I've noticed they do use some space, especially with a round house added.

Gary


----------



## AmFlyer (Mar 16, 2012)

Here are 3 new pictures of my TT. It is from AAA.


----------



## cramden (Oct 13, 2015)

Thanks for the pics Tom, that's outstanding looking.


----------



## Mikeh49 (Sep 20, 2015)

The pit is too clean. How about some grease and stuff in there? Then again, it's pretty new. Just wait.


----------



## AmFlyer (Mar 16, 2012)

The TT models a concrete pit, so it is still clean. 
For reference the bridge is 22”, it holds all the Gilbert, AM and Lionel Flyer steamers. The Big Boy must be carefully positioned within 1/10th of an inch. Need to use my hands for that.
At the widest point the roundhouse side of the facility is 36” wide accommodating 8 tracks. Leaving off the 4 external tracks just the 4 track roundhouse would be 28”. The length from the back of the roundhouse to the front of the TT pit is 56” I have 3 approach tracks with service structures that take another 48” including the #6 mainline turnout. With a single approach track and a conventional turnout this distance could be reduced to 18” for a total length of 64”.


----------



## yd328 (Dec 19, 2017)

Very nice tt setup. There is quite a bit of detail in there. It looks like there is some led lighting in the round house. Thanks for posting the measurements also. Do you have any more pictures of the round house and service area?
I'll have to keep all that in mind for future expansion.

Gary


----------



## flyernut (Oct 31, 2010)

NICE!!


----------



## AmFlyer (Mar 16, 2012)

Gary, tell me what views you want and I will take them and post.


----------



## yd328 (Dec 19, 2017)

Thanks Tom, 
Any more views of the round house, maybe set back further to also get the track work along side it.

Gary


----------



## AmFlyer (Mar 16, 2012)

Here is one more I have. I will take some more tomorrow.


----------



## AmFlyer (Mar 16, 2012)

I took 5 more pictures this morning that should provide a good perspective of track at the roundhouse and TT area. The engine next to the roundhouse is the BigBoy. It will fit inside if desired. The approach track that crosses the main line leads to a tail track in the freight yard. This allows engine movement to/from the freight yard without using a main line. The engine on the other side of the roundhouse is a B&O Pacific made by Lionel. These are smaller than the Pacifics made by Gilbert.


----------



## yd328 (Dec 19, 2017)

Wow Tom, great pictures! They give me a much better perspective of the round house and yard set up. 

Thanks again
Gary


----------



## cramden (Oct 13, 2015)

Thanks for the pictures Tom, just an outstanding layout. Has it turned out to be better than you imagined and what would you do differently if anything given the chance for a do over? (excluding a bigger footprint.)


----------



## AmFlyer (Mar 16, 2012)

I found a picture of the bare roundhouse/TT module taken during delivery of the layout. It is much easier to see how it is built. Also visible on the left are 3 tracks for the lower hidden yard and reverse loop. 

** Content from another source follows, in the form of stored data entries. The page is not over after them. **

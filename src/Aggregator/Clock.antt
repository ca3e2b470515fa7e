-- ===== src/Aggregator/Clock.antt =====
-- The median of the venues' clocks in src/aggregator/mod.rs.
use mathlib.Core.Option
use kaskad_nuntius.Prelude.{
  outside, MostlyIn, middle-lo, middle-hi, nth, ℕ, ◌+◌, ◌-◌, ◌/◌, ◌%◌, ◌^◌, ◌≤◌, ◌<◌, ◌≡◌, refl,
  inl, inr, Bool, not, List, [], ◌∷◌, map, some, nat_beq, length, get_elem?, filter, count,
  ascending, Bool-cases, arith, if◌then◌else◌,
}
use kaskad_nuntius.Float.{Float64}
use kaskad_nuntius.Aggregator.{
  PricePoint, median_of, middle_mean, near, median_server_time, reject_time_outliers,
}

middle_mean-eq :
    (times : List ℕ) (n : ℕ) {x y : ℕ}
    → get_elem? times (n / 2 - 1) ≡ some x
    → get_elem? times (n / 2) ≡ some y
    → middle_mean times n ≡ some ((x + y) % 2 ^ 64 / 2)
unfolding middle_mean Option.bind
middle_mean-eq times n p q = rw p (rw q refl)

median_of-eq :
    (times : List ℕ)
    → 0 < length times
    → median_of times ≡ (
        if nat_beq (length times % 2) 0
        then middle_mean (ascending times) (length times)
        else get_elem? (ascending times) (length times / 2))
unfolding median_of
median_of-eq [] h = absurd (omega arith)
median_of-eq (t ∷ ts) h = refl

-- The median of clocks that mostly lie in a range lies in it.
pub median_of-in :
    (lo hi : ℕ) (times : List ℕ)
    → hi < 2 ^ 63
    → MostlyIn lo hi times
    → (m : ℕ) × (median_of times ≡ some m) × (lo ≤ m) × (m ≤ hi)
median_of-in lo hi times b m = elim (Bool-cases (nat_beq (length times % 2) 0)) [
  | inl e ↦
      let n : ℕ = length times in
      let x = nth times (n / 2 - 1) (ground arith) in
      let y = nth times (n / 2) (ground arith) in
      let x_lo = middle-lo lo hi (n / 2 - 1) times m (ground arith) x.1 in
      let x_hi = middle-hi lo hi (n / 2 - 1) times m (ground arith) x.1 in
      let y_lo = middle-lo lo hi (n / 2) times m (ground arith) y.1 in
      let y_hi = middle-hi lo hi (n / 2) times m (ground arith) y.1 in
      (
        (x.0 + y.0) % 2 ^ 64 / 2,
        rw (median_of-eq times (ground arith)) (rw e (middle_mean-eq (ascending times) n x.1 y.1)),
        omega (arith, x_lo, x_hi, y_lo, y_hi),
        omega (arith, x_lo, x_hi, y_lo, y_hi),
      )
  | inr e ↦
      let n : ℕ = length times in
      let x = nth times (n / 2) (ground arith) in
      (
        x.0,
        rw (median_of-eq times (ground arith)) (rw e x.1),
        middle-lo lo hi (n / 2) times m (ground arith) x.1,
        middle-hi lo hi (n / 2) times m (ground arith) x.1,
      )
]

module _ {F : Type 0} where
  abbrev pub times_of : List (PricePoint F) → List ℕ
  times_of = map (λ p. p.server_time)

  length-filter :
      (lo hi m : ℕ) (ps : List (PricePoint F))
      → lo ≤ m
      → m ≤ hi
      → hi ≤ lo + 300
      → length (times_of (filter (λ p. near m p.server_time) ps))
          + count (outside lo hi) (times_of ps)
        ≡ length (times_of ps)
          + count (outside lo hi) (times_of (filter (λ p. near m p.server_time) ps))
  unfolding near
  length-filter lo hi m [] l h w = refl
  length-filter lo hi m (p ∷ ps) l h w = ground (arith, length-filter lo hi m ps l h w)

  count-filter :
      (q : ℕ → Bool) (m : ℕ) (ps : List (PricePoint F))
      → count q (times_of (filter (λ p. near m p.server_time) ps)) ≤ count q (times_of ps)
  count-filter q m [] = omega arith
  count-filter q m (p ∷ ps) = ground (arith, count-filter q m ps)

  filter-near :
      (lo hi m : ℕ) (ps : List (PricePoint F))
      → lo ≤ m
      → m ≤ hi
      → hi ≤ lo + 300
      → filter (λ p. not (outside lo hi p.server_time)) (filter (λ p. near m p.server_time) ps)
        ≡ filter (λ p. not (outside lo hi p.server_time)) ps
  unfolding near
  filter-near lo hi m [] l h w = refl
  filter-near lo hi m (p ∷ ps) l h w = ground (arith, filter-near lo hi m ps l h w)

module _ {F : Type 0} ⦃f : Float64 F⦄ where
  reject_time_outliers-eq :
      (ps : List (PricePoint F)) {m : ℕ}
      → median_of (times_of ps) ≡ some m
      → reject_time_outliers ps ≡ (
        filter (λ p. near m p.server_time) ps,
        median_of (times_of (filter (λ p. near m p.server_time) ps)),
      )
  unfolding reject_time_outliers median_server_time
  reject_time_outliers-eq ps h = rw (reject_time_outliers, median_server_time, h) refl

  -- When the clocks of more than half of the samples lie in a range of at most 300 seconds, rejecting
  -- the outliers drops no sample whose clock lies in the range, and the clock that it returns lies in
  -- the range, wherever the other samples put theirs.
  pub reject_time_outliers-in :
      (lo hi : ℕ) (ps : List (PricePoint F))
      → hi < 2 ^ 63
      → hi ≤ lo + 300
      → MostlyIn lo hi (times_of ps)
      → (filter (λ p. not (outside lo hi p.server_time)) (reject_time_outliers ps).0
          ≡ filter (λ p. not (outside lo hi p.server_time)) ps)
        × ((clock : ℕ) × ((reject_time_outliers ps).1 ≡ some clock) × (lo ≤ clock) × (clock ≤ hi))
  reject_time_outliers-in lo hi ps b w m =
      let first = median_of-in lo hi (times_of ps) b m in
      let kept = filter (λ p. near first.0 p.server_time) ps in
      let mostly : MostlyIn lo hi (times_of kept) = omega (
        arith,
        first.2,
        first.3,
        length-filter lo hi first.0 ps first.2 first.3 w,
        count-filter (outside lo hi) first.0 ps,
      ) in
      rw (reject_time_outliers-eq ps first.1) (
        filter-near lo hi first.0 ps first.2 first.3 w,
        median_of-in lo hi (times_of kept) b mostly,
      )
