-- ===== src/Crypto.antt =====
-- The third-party code under crates/keyex: k256 (ECDSA over secp256k1), sha3 and the EIP-712 hashing
-- of alloy-sol-types are the fields of one record, which everything that signs or recovers takes.
-- The `sol!` structs, of which the hash is taken, are the source's own (approval.rs, claim.rs).
use Prim.Native.String.{String}
use kaskad_nuntius.Prelude.{ℕ, Bool, Option}
use kaskad_nuntius.Policy.{Bytes}

-- `Eip712Domain::new(name, version, chain_id, verifying_contract, salt)`
pub record Domain : Type 0 where
  pub name : Option String
  pub version : Option String
  pub chain_id : Option ℕ
  pub verifying_contract : Option Bytes
  pub salt : Option Bytes

-- `struct Approval` of the `sol!` block in approval.rs
pub record ApprovalMessage : Type 0 where
  pub pcr0 : Bytes
  pub version : ℕ
  pub mode : ℕ
  pub label : Bytes
  pub role : ℕ
  pub expiry : ℕ
  pub nonce : Bytes

-- `struct Claim` of the `sol!` block in claim.rs
pub record ClaimMessage : Type 0 where
  pub recipient : Bytes
  pub cumulative_burned : ℕ
  pub deadline : ℕ

pub record Crypto : Type 1 where
  -- k256::ecdsa::{Signature, VerifyingKey, SigningKey}
  pub Signature : Type 0
  pub VerifyingKey : Type 0
  pub SigningKey : Type 0
  -- Signature::from_slice
  pub signature_from_slice : Bytes → Option Signature
  -- signature.normalize_s().is_some()
  pub is_high_s : Signature → Bool
  -- signature.to_bytes()
  pub signature_to_bytes : Signature → Bytes
  -- VerifyingKey::recover_from_prehash, the recovery id as its byte
  pub recover_from_prehash : Bytes → Signature → ℕ → Option VerifyingKey
  -- SigningKey::sign_prehash_recoverable, the recovery id as its byte
  pub sign_prehash_recoverable : SigningKey → Bytes → Option (Signature × ℕ)
  -- SigningKey::from_bytes
  pub key_from_bytes : Bytes → Option SigningKey
  pub verifying_key : SigningKey → VerifyingKey
  -- to_encoded_point(false).as_bytes()
  pub encoded_point : VerifyingKey → Bytes
  pub keccak256 : Bytes → Bytes
  -- SolStruct::eip712_signing_hash
  pub approval_signing_hash : ApprovalMessage → Domain → Bytes
  pub claim_signing_hash : ClaimMessage → Domain → Bytes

The layout is as I imaginened it would be. The design process was a long evolution so I had a lot of time to get comfortable with how it would look and operate. I also got 3D animated videos of the layout during the design process that were generated from the 3D Autocad model. 
I do plan to have some minor changes made this spring. I did not subdivide the track into enough blocks to suit the way I am using the layout. Fortunately the cuts are already in the rails where they are needed, it is just a matter of running the feeders through BPC-2’s to be able to turn the power on and off with the LCS. Of course that means the iPad files have to be revised and the LCS loop will gave to be modified to add in more BPC-2’s.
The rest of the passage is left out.